Geocoding Exercise:
Where in the World?!

CE 397 GIS in Water Resources
University of Texas at Austin

Prepared by: Carolyn Nobel


Table of Contents

  1. Centering in on Cameron County
  2. Adding Latitude and Longitude Data Point to the Map
  3. Producing A "Map on Demand"
  4. Preparing for Geocoding
  5. Address Mapping & Trouble Shooting
  6. Prettying the Picture

Goals of the Exercise

The purpose of this exercise is to become familiar with different procedures for producing maps with point locations by mapping industries by their latitude and longitude information or address location.

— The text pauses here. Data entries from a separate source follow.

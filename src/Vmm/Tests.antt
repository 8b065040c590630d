-- ===== src/Vmm/Tests.antt =====
-- Runs of the page tables, and their theorems at one page.
use strixos.Prelude.{ℕ, ◌+◌, ◌%◌, ◌^◌, ◌≡◌, refl, sym, true, false, inr, [], ◌∷◌, arith, test_bit}
use mathlib.Core.Bool.{true≢false}
use strixos.Pmm as Pages
use strixos.Pmm.{Pmm, alloc_page, find_clear, bmp_test, bmp_set, zero_words}
use strixos.Pmm.Invariant.{init-IsValid}
use strixos.Vmm.{frame, ensure, page_entry, map_page, unmap_page, get_phys, map_range}
use strixos.Vmm.Walk.{IsMapped, map_page-IsMapped}
use strixos.Vmm.Step.{Owned, IsTree}
use strixos.Vmm.Translate.{get_phys-map_page}

-- A memory of zeros, with the root of the tables at 0x1000.
abbrev fresh : Pmm
fresh = Pages.init (λ a. 0)

abbrev root : ℕ
root = 0x1000

abbrev page : ℕ
page = 0x8000123

abbrev with_page : Pmm
with_page = (map_page root fresh page 0x300456 2).1

abbrev not_executable : Pmm
not_executable = (map_page root fresh page 0x300456 (2 ^ 63)).1

succeeds : map_page root fresh page 0x300456 2 ≡ (true, with_page)
unfolding map_page ensure alloc_page find_clear Pages.init bmp_test test_bit page_entry zero_words
    bmp_set
succeeds = refl

runs :
    (get_phys root with_page.ram page ≡ 0x300123)
    × (get_phys root with_page.ram 0x8001000 ≡ 0)
    × ((map_page root with_page page 0 0).0 ≡ false)
    × (get_phys root (unmap_page root with_page page).1.ram page ≡ 0)
    × ((unmap_page root with_page 0).0 ≡ false)
    × (get_phys root (map_range root fresh 0 0x300000 2 2).ram 0x1007 ≡ 0x301007)
unfolding map_page unmap_page get_phys map_range ensure alloc_page find_clear Pages.init bmp_test
    test_bit page_entry zero_words bmp_set
runs = (refl, refl, refl, refl, refl, refl)

-- The flag that forbids execution stays in the address.
keeps_flag : get_phys root not_executable.ram page ≡ 2 ^ 63 + 0x300123
unfolding map_page get_phys ensure alloc_page find_clear Pages.init bmp_test test_bit page_entry
    zero_words bmp_set
keeps_flag = refl

-- The root lies below the pages of the allocator.
root-Owned : Owned fresh root
unfolding Pages.init
root-Owned i lt idle e = absurd (omega arith)

no_tables : IsTree fresh [] root page (39 ∷ 30 ∷ 21 ∷ [])
unfolding IsTree Pages.init
no_tables there = absurd (true≢false (sym there))

get_phys-map_page_example : get_phys root with_page.ram page ≡ frame 0x300456 + page % 4096
get_phys-map_page_example =
    get_phys-map_page root fresh page 0x300456 2 with_page (init-IsValid (λ a. 0)).0 root-Owned
      no_tables (omega arith) (omega arith) succeeds

with_page-IsMapped : IsMapped root with_page.ram page
unfolding map_page ensure alloc_page find_clear Pages.init bmp_test test_bit page_entry zero_words
    bmp_set
with_page-IsMapped = (refl, refl, inr (refl, refl, inr (refl, refl)))

map_page-IsMapped_example : map_page root with_page page 0 0 ≡ (false, with_page)
map_page-IsMapped_example = map_page-IsMapped root with_page page 0 0 with_page-IsMapped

Computer and Data Requirements

This exercise uses ArcView3.0.

Data needed:

This data are located at the sub-directory gishyd97/class/geocode/gisfiles of the GIS-Hydro 97 CD-ROM.

Procedure

1. Centering in on Cameron County

This part of the exercise cuts down a large data set into the smaller area of interest.

Get County Data
Open ArcView 3.0.
Go to the project window and Open a New View.
Rename it latlong by going to View/Properties

Add a new theme to the view by clicking on and add the txcnty theme your working directory. Make the theme active and check the box next to the theme. You will see that this theme contains all of the counties in the Texas. However, you only need to deal with Cameron County for this exercise.

Query for Cameron County
Perform a query on the txcnty.shp theme by going to Theme/Properties and clicking on the hammer icon.
From the query builder window use the field, value and buttons to select Cameron County, Texas as shown below.

Click OK twice to display the theme with only the selected attributes. You will see a small dot representation of Cameron County on scale with the rest of the United States.
Select Theme/Add to Shapefile... name the theme Cameron.shp and add it to your working directory. Now you have a theme comprised only of the county of interest.
Make the cameron theme active and zoom to the extent of the active theme by clicking on
The small strip of land to the east is Padre Island!
Double click on the cameron.shp theme to bring up the legend editor to make the theme the color of your choice.
Remove the Counties.shp theme from the view by making it active and going to Edit/Cut Theme.

2. Adding Latitude and Longitude Data Points to the Map

Load data into ArcView as a table
Goto the project window, highlight Table and click the Add button.
In the Add Table menu:
List Files of Type: Delimited Text (*.txt) and select splat.txt from your working directory.
The following table should be added to your project:

This data was acquired from the US EPA SPLAT (Spatial Preferred Locational Attribute Table) database. The information from this table includes the names of industries, their latitude and longitude, address and accuracy information. SPLAT is a local database for now, but eventually the data will be added to the Locational Reference Tables in Envirofacts (which you will use later in the exercise.)

Define Units
Tell ArcView the units of the x,y coordinates in the table by clicking on the Cameron view to get the view menu at the top of the window.
Goto View/Properties.
In the View Properties menu, choose decimal degrees from the Map Units dropdown list.
Press OK.

Add Latitude & Longitude Points to the Theme
Go to View/Add Event Theme
In the Add Event Theme window that appears, choose splat.txt from the Table dropdown list.
ArcView reads the field names in the table you specify and chooses the most likely default names for the X and Y fields. Choose longitude from the X and latitude from the Y field dropdown lists.
Press OK.
Name the theme industries (lat/long)
A new theme is added to the view containing all the points defined in the table.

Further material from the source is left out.